Welcome back to Math Mondays! Our blog prompt for today is to name some questions we could ask once we know the equation of a line. This ties into our Math curriculum for Chapter 7, which is what we are studying at the moment.

Lines can be translated to equations by using the formula y=mx+b. The formula uses variables as substitutes for vocabulary terms. "Y" and "X" are output and input, respectively. "M" stands for the slope of a line, which can be found by dividing a line's rise (change in y values) by its run (change in x values). "B" stands for the "y" intercept, which is found anywhere on the "y" axis and 0 on the x-axis.

I was a little confused by the blog assignment. What did he mean by "questions we could ask"? I've figured that a few sample questions you might ask after finding what a line's equation is would be "what are the rise and the run?" When you divide them together, you get "M". Our long-term substitute in math explained to us that the slope is usually represented as a ratio or a fraction. Fractions are parts of numbers designed to show division. We get this ratio by finding the change in "y" values from the y-intercept to our "y" coordinate and dividing it by the change in "x" values from the y-intercept to our "x" coordinate. This results in the slope. So, we could ask ourselves what the rise and run, respectively, are by counting the number of changes on our plotlines from our "y"-intercept to our coordinate.

This sounds really confusing, I know. But another question we could ask is "How can the slope be expressed differently?" If a slope is 0 - meaning that there are no changes from "x" to "y" coordinates, we say that the line is horizontal, or flat. There are a lot of terms for the slope. We also call the rise/run division problem the "rate of change" because it tells us how much change occurred when we moved in the coordinate plane. We can find out what the coordinates would be for any equation with the same slope but different variables by making a table and writing down what our input (x), rule (y=mx+b), and output (y) would be. This way it is easy to get a bigger and wider picture of what the slope of the function is. 

Our blog assignment for Math Monday today required research. Our assignment was to find out the cost of a 12-pack of cans of Mountain Dew and the cost of a 2-liter bottle of the same soda. Then we had to explain why which one was the better deal and apply principles about decimals we learned in Math class.

What I found out was that the 12-pack of soda cost about $1.99 and that the 2-liter bottle cost around $1.50. Keep in mind that prices of certain items go up and down frequently due to sales, tax, and whatnot.

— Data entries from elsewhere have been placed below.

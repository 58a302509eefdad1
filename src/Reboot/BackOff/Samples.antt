-- ===== src/Reboot/BackOff/Samples.antt =====
-- A node whose drain failed.
use cke.Prelude.{ℕ, ◌≡◌, refl, some, arith}
use cke.Reboot.{queued, draining, RebootQueueEntry}
use cke.Reboot.BackOff.{drain_back_off, update}
use cke.Reboot.BackOff.Delay.{drain_back_off-doubles, drain_back_off-overflows}

abbrev failed_times : ℕ → RebootQueueEntry
failed_times count = record {
  index = 3;
  node = "10.0.0.2";
  status = draining;
  last_transition_time = 0;
  drain_backoff_count = count;
  drain_backoff_expire = 0;
}

abbrev again : ℕ → ℕ → ℕ → RebootQueueEntry
again count now expire = record {
  index = 3;
  node = "10.0.0.2";
  status = queued;
  last_transition_time = now;
  drain_backoff_count = count;
  drain_backoff_expire = expire;
}

second_failure :
    drain_back_off (some (failed_times 1)) 1_000_000_000 7 (failed_times 1)
    ≡ update (again 2 1_000_000_000 608_000_000_000)
unfolding drain_back_off
second_failure = refl

drain_back_off-doubles_example :
    drain_back_off (some (failed_times 3)) 0 7 (failed_times 3)
    ≡ update (again 4 0 1_207_000_000_000)
drain_back_off-doubles_example =
    drain_back_off-doubles (failed_times 3) (failed_times 3) 0 7 refl (omega arith) (omega arith)

drain_back_off-overflows_example :
    drain_back_off (some (failed_times 65)) 0 7 (failed_times 65)
    ≡ update (again 66 0 7_000_000_000)
drain_back_off-overflows_example =
    drain_back_off-overflows (failed_times 65) (failed_times 65) 0 7 3 refl refl (omega arith)
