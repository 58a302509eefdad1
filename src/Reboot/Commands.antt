-- ===== src/Reboot/Commands.antt =====
-- The commands of op/reboot.go, but for the uncordoning. What they ask of the outside is a record of
-- answers; the goroutines that reboot nodes each store their own entry.
pub mod Stored
pub mod Drain
mod Samples
use cke.Prelude.{
  ℕ, zero, suc, ◌+◌, String, Bool, true, false, not, ◌&&◌, List, [], ◌∷◌, ◌++◌, map, keep_if,
  Option, none, some, or_default, ◌==◌, if◌then◌else◌,
}
use cke.Cluster.{RebootConfig, Time}
use cke.Reboot.{RebootQueueEntry, draining, rebooting}
use cke.Reboot.BackOff.{Outcome, storage_error, left_cancelled, update, drain_back_off}

-- The answers of the storage, the Kubernetes API, the programs that are run, the clock and the
-- random numbers, in one run of a command.
pub record Answers : Type 0 where
  -- Whether UpdateRebootsEntry stores the entry, and whether DeleteRebootsEntry deletes it.
  pub stores : RebootQueueEntry → Bool
  pub deletes : RebootQueueEntry → Bool
  -- What GetRebootsEntry finds for the index of the entry; `none` is an error.
  pub stored : RebootQueueEntry → Option RebootQueueEntry
  pub kube_client : Bool
  pub protected_namespaces : Bool
  pub cordons : String → Bool
  pub eviction_dry_run : String → Bool
  pub evicts : String → Bool
  pub deletes_daemon_set_pods : String → Bool
  -- Whether a program with that timeout and those arguments succeeds at that attempt.
  pub runs : ℕ → List String → ℕ → Bool
  -- Whether the context ends in the pause after that attempt for that node.
  pub interrupted : String → ℕ → Bool
  pub random : RebootQueueEntry → ℕ
  -- The time when the entry is first stored, and when its drain fails, cut to whole seconds.
  pub now : Time
  pub later : Time

-- What a run leaves: the entries that it stored, those that it deleted, the nodes that it reported
-- as failed, and whether it returned an error.
pub record Ran : Type 0 where
  pub written : List RebootQueueEntry
  pub deleted : List RebootQueueEntry
  pub failed : List String
  pub error : Bool

abbrev pub done : Ran
done = record { written = []; deleted = []; failed = []; error = false }

abbrev pub given_up : Ran
given_up = record done { error = true }

abbrev pub write : RebootQueueEntry → Ran → Ran
write e r = record r { written = e ∷ r.written }

abbrev pub report : String → Ran → Ran
report node r = record r { failed = node ∷ r.failed }

abbrev waits : Option ℕ → Bool
waits none = false
waits (some seconds) = not (seconds == 0)

module _ (config : RebootConfig) (x : Answers) where
  after_outcome : Outcome → Ran → Ran
  after_outcome storage_error next = given_up
  after_outcome left_cancelled next = next
  after_outcome (update e) next = if x.stores e then write e next else given_up

  -- drainBackOff on an entry, and what follows it.
  back_off : RebootQueueEntry → Ran → Ran
  unfolding after_outcome
  back_off e next = after_outcome (drain_back_off (x.stored e) x.later (x.random e) e) next

  abbrev pub draining_entry : RebootQueueEntry → RebootQueueEntry
  draining_entry e = record e { status = draining; last_transition_time = x.now }

  abbrev pub prepared : RebootQueueEntry → Bool
  prepared e = x.stores (draining_entry e) && (x.cordons e.node && x.eviction_dry_run e.node)

  -- The entry is written if the storage takes it.
  abbrev pub write_if : Bool → RebootQueueEntry → Ran → Ran
  write_if true e next = write e next
  write_if false e next = next

  -- The first loop of the drain: `next` is what follows the whole loop.
  cordon_all : List RebootQueueEntry → Ran → Ran
  unfolding back_off
  cordon_all [] next = next
  cordon_all (e ∷ es) next =
      let rest = cordon_all es next in
      write_if (x.stores (draining_entry e)) (draining_entry e)
        (if prepared e then rest else report e.node (back_off (draining_entry e) rest))

  -- The second loop.
  evict_all : List RebootQueueEntry → Ran
  unfolding back_off
  evict_all [] = done
  evict_all (e ∷ es) =
      let rest = evict_all es in if x.evicts e.node then rest else report e.node (back_off e rest)

  unfoldable pub drain_start : List RebootQueueEntry → Ran
  unfolding cordon_all evict_all
  drain_start es =
      if not (x.kube_client && x.protected_namespaces)
      then given_up
      else cordon_all es (evict_all (map draining_entry (keep_if prepared es)))

  unfoldable pub delete_daemon_set_pods : List RebootQueueEntry → Ran
  delete_daemon_set_pods es = if not x.kube_client then given_up else record done {
    failed = map (λ e. e.node) (keep_if (λ e. not (x.deletes_daemon_set_pods e.node)) es);
  }

  -- The attempts from the i-th on. Each goroutine is taken to have an array of arguments of its own.
  run_attempts : String → ℕ → ℕ → Bool
  run_attempts node zero i = false
  run_attempts node (suc n) i =
      let rest = run_attempts node n (i + 1) in
      if x.runs (or_default config.command_timeout_seconds 0) (config.reboot_command ++ node ∷ []) i
      then true
      else if waits config.command_interval && x.interrupted node i
      then false
      else rest

  abbrev pub rebooting_entry : RebootQueueEntry → RebootQueueEntry
  rebooting_entry e = record e { status = rebooting; last_transition_time = x.now }

  -- One goroutine.
  reboot_node : RebootQueueEntry → Ran → Ran
  unfolding run_attempts
  reboot_node e others =
      if not (x.stores (rebooting_entry e))
      then record others { error = true }
      else write (rebooting_entry e) (
          if run_attempts e.node (or_default config.command_retries 0 + 1) 0
          then others
          else report e.node others)

  unfoldable pub reboot_all : List RebootQueueEntry → Ran
  unfolding reboot_node
  reboot_all [] = done
  reboot_all (e ∷ es) = reboot_node e (reboot_all es)

  unfoldable pub drain_timeout : List RebootQueueEntry → Ran
  unfolding back_off
  drain_timeout [] = done
  drain_timeout (e ∷ es) = back_off e (drain_timeout es)

  unfoldable pub dequeue : List RebootQueueEntry → Ran
  dequeue [] = done
  dequeue (e ∷ es) =
      let rest = dequeue es in
      if x.deletes e then record rest { deleted = e ∷ rest.deleted } else given_up
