-- ===== src/Reboot/Commands/Drain.antt =====
-- The drain of one node, which is what rebootOps asks for.
use cke.Prelude.{◌≡◌, Bool, true, false, ◌&&◌, [], ◌∷◌, some, if◌then◌else◌, Bool-cases, inl, inr}
use cke.Cluster.{RebootConfig}
use cke.Reboot.{RebootQueueEntry, cancelled, status_eq}
use cke.Reboot.BackOff.{drain_back_off, back_off_entry}
use cke.Reboot.Commands.{
  Answers, Ran, done, write, after_outcome, back_off, draining_entry, cordon_all, evict_all,
  drain_start,
}

module _ (config : RebootConfig) (x : Answers) where
  -- Whether the node is cordoned, and its Pods can be and are evicted.
  abbrev pub drains : RebootQueueEntry → Bool
  drains e = x.cordons e.node && (x.eviction_dry_run e.node && x.evicts e.node)

  abbrev pub retreated_entry : RebootQueueEntry → RebootQueueEntry
  retreated_entry e =
      back_off_entry x.later (x.random (draining_entry config x e)) (draining_entry config x e)

  back_off_lem :
      (e s : RebootQueueEntry)
      → ((f : RebootQueueEntry) → x.stores f ≡ true)
      → x.stored e ≡ some s
      → status_eq s.status cancelled ≡ false
      → (next : Ran) → back_off config x e next ≡ write (back_off_entry x.later (x.random e) e) next
  unfolding back_off after_outcome drain_back_off
  back_off_lem e s stores found kept next =
      simp (found, kept, stores (back_off_entry x.later (x.random e) e))

  -- Where the Kubernetes API answers, the storage takes every entry and the entry is not cancelled
  -- there, the drain of one node stores its entry as draining, and then as queued again with its
  -- back-off if and only if the cordoning, the dry run or the eviction fails. The node is reported
  -- as failed in this case, and no error is returned in any.
  pub drain_start_lem :
      (e s : RebootQueueEntry)
      → x.kube_client ≡ true
      → x.protected_namespaces ≡ true
      → ((f : RebootQueueEntry) → x.stores f ≡ true)
      → x.stored (draining_entry config x e) ≡ some s
      → status_eq s.status cancelled ≡ false
      → drain_start config x (e ∷ []) ≡ record done {
        written = draining_entry config x e ∷ (if drains e then [] else retreated_entry e ∷ []);
        failed = if drains e then [] else e.node ∷ [];
      }
  unfolding drain_start cordon_all evict_all
  drain_start_lem e s client namespaces stores found kept =
      let d = stores (draining_entry config x e) in
      let back = back_off_lem (draining_entry config x e) s stores found kept in
      elim (Bool-cases (x.cordons e.node)) [
        | inr a ↦ simp (client, namespaces, d, a, back)
        | inl a ↦ elim (Bool-cases (x.eviction_dry_run e.node)) [
          | inr b ↦ simp (client, namespaces, d, a, b, back)
          | inl b ↦ elim (Bool-cases (x.evicts e.node)) [
            | inr k ↦ simp (client, namespaces, d, a, b, k, back)
            | inl k ↦ simp (client, namespaces, d, a, b, k)
          ]
        ]
      ]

These were based on average and what Google could tell me since I haven't purchased Mountain Dew in a while.

This is where our math standards come in. Each can of soda in a 12-pack is about 12 oz whereas a 2-liter bottle is about 33.8 oz. We need to divide to find something of a unit rate and then compare our results. You'd find that the 12-pack accumulates to about 144 ounces of soda for almost 2 dollars and the bottle was about 34 ounces for $1.50. The first proportion simplifies to 72 ounces for 1 dollar and and what would be 41.8 or so ounces for 2 dollars -- with a unit rate of just over 20 ounces for 1 dollar, it's clear that the 2-liter bottle is the better buy.

Happy New Year! Today is our first day back from winter vacation, and it is also the first day of the spring semester! As such, our Math Monday blog assignment for today was to reflect on a concept we learned during the first semester (quarters 1 and 2) that we remember most, and give evidence that suggests that we remembered it clearly and properly.

One of the mathematical concepts that I remember learning about most clearly was probably the Pythagorean theorem in quarter 2. My dad is a math teacher and I remember going into his class when I was in the 3rd grade. He was teaching his students about the Pythagorean theorem and I copied it down as a joke. At the time all I had written looked like a scribbled, unintelligible mess, but now I know what the Pythagorean theorem is and especially how to relate it to real-world situations.

At first I was confused about how exponents tied in to the number formula and how it had anything to do with triangles and geometry. I was always told that triangles had 180 degrees and anything that had to do with finding lengths of triangles required that knowledge. Now I know that that is incorrect -- the Pythagorean theorem is used to find the lengths of the sides, not the measures of the angles, in a triangle. Learning about the Pythagorean theorem taught me how to think outside the box as far as triangles go. The Pythagorean theorem is an excellent example of how exponents and square bases can be handy in real life. 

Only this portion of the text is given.